Look at how they've spent 33 years demonizing the fictitious 'Welfare Queen'.

Again, they want to restrict the benefits of society to those who can pay for them.

 

SCVDem

(5,103 posts)
12. With my last few dollars
Fri Jan 3, 2014, 08:20 PM
Jan 2014

I will buy a gun.

Now let's play survival, shall we?

Mercedes, Audi, BMW drivers, you're number one!

I have nothing left to lose!

dickthegrouch

(3,172 posts)
13. Whitehouse.gov petition created, please sign it
Mon Jan 6, 2014, 11:38 AM
Jan 2014

I can't believe there was no petition for this until I created one.

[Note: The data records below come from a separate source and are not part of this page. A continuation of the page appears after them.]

-- ===== src/Apaf.antt =====
-- apex-cfs/src/approx_apaf.h and apex-cfs/src/approx_apaf.c: Logic 3, polynomial decay and Newton
-- steps whose accuracy a controller chooses from the fairness index.
pub mod Poly
pub mod Decay
pub mod State
pub mod Mono
use approximation_computing.Common.{
  ℕ, suc, ◌+◌, ◌-◌, ◌*◌, ◌/◌, ◌%◌, ◌^◌, not, ◌&&◌, Option, none, some, ltb, leb, ◌==◌,
  if◌then◌else◌, ℤ, pos, negsuc, pos_part, neg, ltb_ℤ, ◌==ℤ◌,
}
use approximation_computing.Words.{u32, shr}
use approximation_computing.Double.{Double, one, decimal, of_nat, of_int, to_nat, add, mul, div, lt}
use approximation_computing.Task.{
  CfsRq, nice_0_load, load_avg_period, wmult_shift, y_n_inv, rq_tick, apaf_tight, apaf_medium,
  apaf_loose,
}
use approximation_computing.Fairness.{fairness_jain_index, fairness_apaf_next_state}
use approximation_computing.Logic.{update_curr, update_load_avg, for_tasks, finish_tick}
use approximation_computing.Exact.{pelt_max_periods, exact_mul_u64_u32_shr, exact_pick_next_task}
use approximation_computing.Bsa.{bsa_newton_reciprocal}

abbrev pub apaf_monitor_interval : ℕ
apaf_monitor_interval = 4

-- The coefficients of a state; MEDIUM is also the default.
pub record Coefficients : Type 0 where
  pub a0 : Double
  pub a1 : Double
  pub a2 : Double

unfoldable pub coefficients : ℤ → Coefficients
coefficients state =
    if state ==ℤ apaf_tight
    then record {
      a0 = decimal 999755378067218 15;
      a1 = neg (decimal 21439723696865 15);
      a2 = decimal 197742040395 15;
    }
    else if state ==ℤ apaf_loose
    then record {
      a0 = decimal 977779922300000 15;
      a1 = neg (decimal 15578660700000 15);
      a2 = pos 0;
    }
    else record {
      a0 = decimal 998121961273224 15;
      a1 = neg (decimal 20869371290712 15);
      a2 = decimal 167397421507 15;
    }

-- `(double)runnable_avg_y_n_inv[idx] / (double)0xFFFFFFFFULL`.
unfoldable pub table_factor : ℕ → Double
table_factor idx = div (of_nat (y_n_inv idx)) (of_nat 0xffffffff)

-- a0 + n * (a1 + n * a2), and the clamps behind it.
unfoldable pub horner : Coefficients → ℤ → Double
horner c n =
    let result = add c.a0 (mul (of_int n) (add c.a1 (mul (of_int n) c.a2))) in
    let capped = if lt (pos one) result then pos one else result in
    if lt capped (pos 0) then pos 0 else capped

-- The index of the fallback into the exact table.
abbrev pub table_index : ℤ → ℕ
table_index n =
    let idx = if ltb_ℤ n (pos 0) then pos 0 else n in
    if leb load_avg_period (pos_part idx) then load_avg_period - 1 else pos_part idx

unfoldable pub apaf_poly_eval : ℤ → ℤ → Double
apaf_poly_eval n state =
    if (state ==ℤ apaf_tight) && ltb_ℤ (pos 16) n
    then table_factor (table_index n)
    else horner (coefficients state) n

-- The factor of `apaf_decay_load`: in LOOSE never below the exact one.
unfoldable pub decay_factor : ℕ → ℤ → Double
decay_factor local_n state =
    let factor = apaf_poly_eval (pos local_n) state in
    if (state ==ℤ apaf_loose) && lt factor (table_factor local_n)
    then table_factor local_n
    else factor

unfoldable pub apaf_decay_load : ℕ → ℕ → ℤ → ℕ
apaf_decay_load load periods state =
    let coarse = periods / load_avg_period in
    let local_n = periods % load_avg_period in
    let shifted = shr load coarse in
    if periods == 0
    then load
    else if leb (pelt_max_periods * load_avg_period) periods
    then 0
    else if ltb 0 local_n
    then to_nat (mul (of_nat shifted) (decay_factor local_n state))
    else shifted

-- The Newton steps of a state; MEDIUM is also the default.
abbrev pub newton_iters : ℤ → ℕ
newton_iters state = if state ==ℤ apaf_tight then 2 else if state ==ℤ apaf_loose then 1 else 2

unfoldable pub apaf_vruntime_delta : ℕ → ℕ → ℤ → ℕ
apaf_vruntime_delta delta_exec weight state =
    let inv_w = bsa_newton_reciprocal weight (newton_iters state) in
    if weight == nice_0_load
    then delta_exec
    else if weight == 0
    then 0
    else exact_mul_u64_u32_shr delta_exec (u32 inv_w) (wmult_shift - 10)

unfoldable pub apaf_update_state : CfsRq → CfsRq
apaf_update_state rq =
    let j = fairness_jain_index rq in
    let next = fairness_apaf_next_state rq.apaf_state j in
    let seen = record rq { jain_index = j } in
    if not (rq.tick % apaf_monitor_interval == 0)
    then rq
    else if not (next ==ℤ rq.apaf_state)
    then record seen { apaf_state = next }
    else seen

unfoldable pub apaf_update_curr : CfsRq → ℤ → CfsRq
apaf_update_curr rq task_idx =
    update_curr (λ delta_exec weight. apaf_vruntime_delta delta_exec weight rq.apaf_state) rq
      task_idx

unfoldable pub apaf_update_load_avg : CfsRq → ℤ → CfsRq
apaf_update_load_avg rq task_idx =
    update_load_avg (λ load periods. apaf_decay_load load periods rq.apaf_state) rq task_idx

unfoldable pub apaf_pick_next_task : CfsRq → Option ℕ
apaf_pick_next_task rq = exact_pick_next_task rq

unfoldable pub apaf_tick : CfsRq → CfsRq
apaf_tick rq =
    let ticked = rq_tick rq in
    elim (apaf_pick_next_task ticked) [
      | none ↦ ticked
      | some next ↦
          let run = apaf_update_curr ticked (pos next) in
          finish_tick
            (apaf_update_state (for_tasks apaf_update_load_avg (pos_part run.nr_tasks) 0 run))
    ]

I wanted to let you know about a new petition I created on We the People, a new feature on WhiteHouse.gov, and ask for your support. Will you add your name to mine? If this petition gets 100,000 signatures by February 05, 2014, the White House will review it and respond!


We the People allows anyone to create and sign petitions asking the Obama Administration to take action on a range of issues. If a petition gets enough support, the Obama Administration will issue an official response.


You can view and sign the petition here:


http://wh.gov/lX2Pu


Here's some more information about this petition:


Extend unemployment benefits for an additional year to the long-term unemployed

Since austerity has been shown in many recent studies to be a damper on the economy, and individual or family austerity is highly detrimental to the overall economy and, Recognizing that unemployment is still unacceptably high and that more than 1.5 million people recently lost unemployment benefits due to budget constraints, we call upon the government to restore those unemployment benefits.